Does anyone know what format to use to be able to use the fast foreword and reverse. I've used h264, MKV and a few others. Have also used both playon and tversity. No matter what I use, fast foreword and rewind don't work. Would love to be able to use these two features. any ideas?

Dave


----------



## P Smith (Jul 25, 2002)

try MPEG-2


----------



## AZDude (Apr 22, 2012)

Converting one now, will check it out in the morning.

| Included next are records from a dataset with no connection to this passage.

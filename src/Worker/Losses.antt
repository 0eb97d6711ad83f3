-- ===== src/Worker/Losses.antt =====
-- How pkg/worker loses a worker.
use mathlib.Core.Path.{subst}
use attachcloudip.Common.{ℕ, ◌≡◌, ap, sym, ◌∙◌, List, [], ◌∷◌, some, nat_eq, count}
use attachcloudip.Common.Map.{lookup}
use attachcloudip.Worker.{
  offered, handing, Pool, dispatch, hand, drop_job, Move, dispatches, step, settle, run,
}
use attachcloudip.Worker.Lost.{IsLost, IsIdle, run-IsLost}

early_step :
    (p : Pool) (job w : ℕ)
    → p.dispatcher ≡ handing job w
    → lookup w p.workers ≡ some offered
    → settle p (step p dispatches) ≡ drop_job p job
unfolding settle step dispatch hand
early_step p job w e f = ap (λ d. settle p (dispatch p d)) e ∙ ap (λ o. hand p job w o) f

-- A worker offers its queue before it waits at its `select`. If the dispatcher takes the queue and
-- tries the send in between, the job is dropped, and the worker, whose queue is then nowhere, gets
-- no job in any later step.
pub early_hand-IsLost :
    (p : Pool) (job w : ℕ) (xs : List Move)
    → p.dispatcher ≡ handing job w
    → lookup w p.workers ≡ some offered
    → count w p.worker_pool ≡ 0
    → ((run p (dispatches ∷ [])).dropped ≡ job ∷ p.dropped) × IsLost w (run p (dispatches ∷ xs))
unfolding run drop_job
early_hand-IsLost p job w xs e f n = (
  ap (λ q. q.dropped) (early_step p job w e f),
  run-IsLost w (settle p (step p dispatches)) xs (
      subst (IsLost w) (sym (early_step p job w e f))
        (record { idle = subst IsIdle (sym f) tt; not_pooled = n; elsewhere = tt })),
)
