-- ===== src/Worker/Stops.antt =====
-- The calls of `Stop` of pkg/worker.
use attachcloudip.Common.{
  ap, ℕ, ◌≡◌, ◌≢◌, refl, sym, ◌∙◌, List, [], ◌∷◌, Bool, true, false, Option, none, some,
  if◌then◌else◌, nat_eq, nat_beq_iff, length, ltb, arith,
}
use attachcloudip.Common.Map.{Map, lookup, insert, lookup-insert}
use attachcloudip.Worker.{
  Worker, offering, offered, waiting, executing, gone, Dispatcher, looping, ready, holding, handing,
  returned, Pool, offer_job, submit, drop_job, hand, take_worker, dispatch, set_worker, work,
  work_on, begin_stop, quit, stop_next, Move, submits, works, dispatches, cancels, stops,
  next_stops, step, settle, run,
}

-- A call of `Stop` is at a worker that has returned.
pub record IsStuck (w : ℕ) (rest : List ℕ) (p : Pool) : Type 0 where
  pub at : p.to_stop ≡ w ∷ rest
  pub returned_before : lookup w p.workers ≡ some gone

lookup-gone :
    (w i : ℕ) (old phase : Worker) (m : Map ℕ Worker)
    → lookup i m ≡ some old
    → old ≢ gone
    → lookup w m ≡ some gone
    → lookup w (insert i phase m) ≡ some gone
lookup-gone w i old phase m e n f = ground (arith, e, f, lookup-insert i w phase m, nat_beq_iff i w)

module _ (w : ℕ) (rest : List ℕ) (p : Pool) (s : IsStuck w rest p) where
  set_worker-IsStuck :
      (i : ℕ) (old phase : Worker)
      → lookup i p.workers ≡ some old
      → old ≢ gone
      → IsStuck w rest (set_worker p i phase)
  unfolding set_worker
  set_worker-IsStuck i old phase e n = record {
    at = s.at;
    returned_before = lookup-gone w i old phase p.workers e n s.returned_before;
  }

  -- What changes neither the workers nor the call.
  keep : (q : Pool) → q.workers ≡ p.workers → q.to_stop ≡ p.to_stop → IsStuck w rest q
  keep q e f = record { at = f ∙ s.at; returned_before = ap (lookup w) e ∙ s.returned_before }

  settle_if :
      (b : Bool) (q : Pool)
      → IsStuck w rest q
      → IsStuck w rest (settle p (if b then some q else none))
  unfolding settle
  settle_if true q t = t
  settle_if false q t = s

  work_on-IsStuck :
      (i : ℕ) (o : Option Worker)
      → lookup i p.workers ≡ o
      → IsStuck w rest (settle p (work_on p i o))
  unfolding settle work_on work set_worker
  work_on-IsStuck i none e = s
  work_on-IsStuck i (some offering) e =
      let t = set_worker-IsStuck i offering offered e (λ c. cc) in
      settle_if (ltb (length p.worker_pool) p.max_workers) _
        (record { at = t.at; returned_before = t.returned_before })
  work_on-IsStuck i (some offered) e = set_worker-IsStuck i offered waiting e (λ c. cc)
  work_on-IsStuck i (some waiting) e =
      settle_if p.cancelled _ (set_worker-IsStuck i waiting gone e (λ c. cc))
  work_on-IsStuck i (some (executing job)) e =
      let t = set_worker-IsStuck i (executing job) offering e (λ c. cc) in
      record { at = t.at; returned_before = t.returned_before }
  work_on-IsStuck i (some gone) e = s

  hand-IsStuck :
      (job i : ℕ) (o : Option Worker) → lookup i p.workers ≡ o → IsStuck w rest (hand p job i o)
  unfolding hand drop_job
  hand-IsStuck job i (some waiting) e = record {
    at = s.at;
    returned_before =
        lookup-gone w i waiting (executing job) p.workers e (λ c. cc) s.returned_before;
  }
  hand-IsStuck job i none e = keep _ refl refl
  hand-IsStuck job i (some offering) e = keep _ refl refl
  hand-IsStuck job i (some offered) e = keep _ refl refl
  hand-IsStuck job i (some (executing k)) e = keep _ refl refl
  hand-IsStuck job i (some gone) e = keep _ refl refl

  take_worker-IsStuck : (job : ℕ) (ws : List ℕ) → IsStuck w rest (settle p (take_worker p job ws))
  unfolding settle take_worker
  take_worker-IsStuck job [] = s
  take_worker-IsStuck job (i ∷ ws) = keep _ refl refl

  dispatch-IsStuck : (d : Dispatcher) → IsStuck w rest (settle p (dispatch p d))
  unfolding settle dispatch
  dispatch-IsStuck looping = keep _ refl refl
  dispatch-IsStuck ready = settle_if p.cancelled _ (keep _ refl refl)
  dispatch-IsStuck (holding job) = take_worker-IsStuck job p.worker_pool
  dispatch-IsStuck (handing job i) = hand-IsStuck job i (lookup i p.workers) refl
  dispatch-IsStuck returned = s

  offer_job-IsStuck : (job : ℕ) (d : Dispatcher) → IsStuck w rest (offer_job p job d)
  unfolding offer_job
  offer_job-IsStuck job ready = keep _ refl refl
  offer_job-IsStuck job looping = keep _ refl refl
  offer_job-IsStuck job (holding k) = keep _ refl refl
  offer_job-IsStuck job (handing k i) = keep _ refl refl
  offer_job-IsStuck job returned = keep _ refl refl

  begin_stop-IsStuck : (ws : List ℕ) → p.to_stop ≡ ws → IsStuck w rest (settle p (begin_stop p ws))
  unfolding settle begin_stop
  begin_stop-IsStuck [] e = absurd (cons_nil (sym s.at ∙ e))
    where
      cons_nil : (w ∷ rest) ≢ []
      cons_nil e = cc
  begin_stop-IsStuck (i ∷ ws) e = s

  -- The signal waits for a receiver.
  stop_next-IsStuck : (ws : List ℕ) → p.to_stop ≡ ws → IsStuck w rest (settle p (stop_next p ws))
  unfolding settle stop_next quit
  stop_next-IsStuck [] e = s
  stop_next-IsStuck (i ∷ ws) e = rw (same, s.returned_before, quit) s
    where
      same : lookup i p.workers ≡ lookup w p.workers
      same = ground (arith, e, s.at)

  step-IsStuck : (x : Move) → IsStuck w rest (settle p (step p x))
  unfolding settle step submit
  step-IsStuck (submits job) = offer_job-IsStuck job p.dispatcher
  step-IsStuck (works i) = work_on-IsStuck i (lookup i p.workers) refl
  step-IsStuck dispatches = dispatch-IsStuck p.dispatcher
  step-IsStuck cancels = keep _ refl refl
  step-IsStuck stops = begin_stop-IsStuck p.to_stop refl
  step-IsStuck next_stops = stop_next-IsStuck p.to_stop refl

-- `Stop` waits for ever at a worker that has returned, as each does when the context is cancelled:
-- after any sequence of steps the call is where it was.
pub run-IsStuck :
    (w : ℕ) (rest : List ℕ) (p : Pool) (xs : List Move)
    → IsStuck w rest p
    → IsStuck w rest (run p xs)
unfolding run
run-IsStuck w rest p [] s = s
run-IsStuck w rest p (x ∷ xs) s =
    run-IsStuck w rest (settle p (step p x)) xs (step-IsStuck w rest p s x)
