-- ===== src/Worker/Examples.antt =====
-- A pool of pkg/worker with one worker.
use attachcloudip.Common.{◌≡◌, refl, List, [], ◌∷◌, some, nat_eq, count}
use attachcloudip.Common.Map.{lookup, insert}
use attachcloudip.Worker.{
  offered, handing, Pool, new_pool, new_workers, start, offer_job, submit, take_worker, dispatch,
  set_worker, work, work_on, stop, keys, begin_stop, Move, submits, works, dispatches, cancels,
  stops, step, settle, run,
}
use attachcloudip.Worker.Jobs.{IsAccounted, run-start-IsAccounted}
use attachcloudip.Worker.Lost.{IsLost}
use attachcloudip.Worker.Losses.{early_hand-IsLost}
use attachcloudip.Worker.Stops.{IsStuck, run-IsStuck}

-- The worker has sent its queue, and the dispatcher has a job and the queue.
abbrev early : List Move
early = works 0 ∷ dispatches ∷ submits 5 ∷ dispatches ∷ []

run-start-IsAccounted_example : IsAccounted 5 (run (start (new_pool 1)) early)
run-start-IsAccounted_example = run-start-IsAccounted 5 1 early

-- Its line names what a proof by evaluation sees through.
at_hand : Pool
unfolding run step settle start new_pool new_workers offer_job submit take_worker dispatch
    set_worker work work_on lookup insert begin_stop stop keys count
at_hand = run (start (new_pool 1)) early

at_hand-dispatcher : at_hand.dispatcher ≡ handing 5 0
unfolding at_hand
at_hand-dispatcher = refl

at_hand-worker : lookup 0 at_hand.workers ≡ some offered
unfolding at_hand
at_hand-worker = refl

at_hand-pool : count 0 at_hand.worker_pool ≡ 0
unfolding at_hand
at_hand-pool = refl

early_hand-IsLost_example :
    ((run at_hand (dispatches ∷ [])).dropped ≡ 5 ∷ at_hand.dropped)
    × IsLost 0 (run at_hand (dispatches ∷ works 0 ∷ submits 6 ∷ []))
early_hand-IsLost_example =
    early_hand-IsLost at_hand 5 0 (works 0 ∷ submits 6 ∷ []) at_hand-dispatcher at_hand-worker
      at_hand-pool

-- The context is cancelled before `Stop` is called.
stopped : Pool
unfolding at_hand
stopped = run (start (new_pool 1)) (works 0 ∷ works 0 ∷ cancels ∷ works 0 ∷ stops ∷ [])

stopped-IsStuck : IsStuck 0 [] stopped
unfolding stopped at_hand
stopped-IsStuck = record { at = refl; returned_before = refl }

run-IsStuck_example : IsStuck 0 [] (run stopped (works 0 ∷ []))
run-IsStuck_example = run-IsStuck 0 [] stopped (works 0 ∷ []) stopped-IsStuck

Thanks, I will report the results.


----------



## P Smith (Jul 25, 2002)

I recall it from similar question at DTV forum ...


----------



## AZDude (Apr 22, 2012)

MPEG-2 didn't work


----------



## P Smith (Jul 25, 2002)

That's most usable format ... something wrong there ...


----------



## AZDude (Apr 22, 2012)

Let me clarify, The video works, I just can't fast foreword or rewind.


----------



## FarmerBob (Nov 28, 2002)

Real DNLA (http://en.wikipedia.org/wiki/DLNA) is just about any format there is on the market. My LG BDP plays just about anything (DivX®/DivX HD, MPEG4 AVC, [email protected], MPEG2, SMPTE VC1, [email protected], [email protected], AVCHD, MKV to name a few.) and it's great. But knowing DISH, they will have what "they think" is what is should be. I find that .mkv files are the best and depending on how they are created they can rival Blu-rays in picture and audio and be quite small.


----------



## Gerard (May 10, 2012)

AZDude said:


> Does anyone know what format to use to be able to use the fast foreword and reverse. I've used h264, MKV and a few others. Have also used both playon and tversity. No matter what I use, fast foreword and rewind don't work. Would love to be able to use these two features. any ideas?
> 
> Dave


I have a Hopper and 3 Joeys. 
I also use the DLNA feature (Home Media App). I tried Serviio 1st. Serviio works great with my Sony bluray player because it plays all kinds of different formats. Serviio did not work well for the Hopper/Joeys because my media is in several formats.

I don't have the time to convert everything to Mpeg 2. So I started using PlayOn media server.
The PlayOn media servers default settings will transcode all of my media formats to Mpeg 2 (or whatever video file type that the H/J systems can play). The drawback is the transcoding does not allow you to fast forward or rewind.
That is just something you have to deal with if the formatted video file type is not supported by the H/J system.

The Good news is there is a place in the PlayOn settings that you can make exemptions to certain video file types (Will not transcode). E.g. By inputting Mpeg 2, you can tell PlayOn NOT to transcode those video file types. 
So as long as those file type are supported by H/J system without transcoding them, you will be able to fast forward and review (kind of choppy but, works)

Also, if anybody reading this does not know. PlayOn media server charges a monthly fee for their software but, if you only use it for your media and not any of the other stuff, hulu, Amazon, Netflix etc... It works very well provided it is being run on a fairly fast computer.

Hope this helps.

If you need further clarification, let me know.


----------



## mdavej (Jan 31, 2007)

Gerard,

I see there is now a PlayOn Lite version that didn't exist the last time I looked at PlayOn. Are you saying that the Lite version will stream all your personal media files?


----------



## Gerard (May 10, 2012)

mdavej said:


> Gerard,
> 
> I see there is now a PlayOn Lite version that didn't exist the last time I looked at PlayOn. Are you saying that the Lite version will stream all your personal media files?


That is exactly what I am talking about.


----------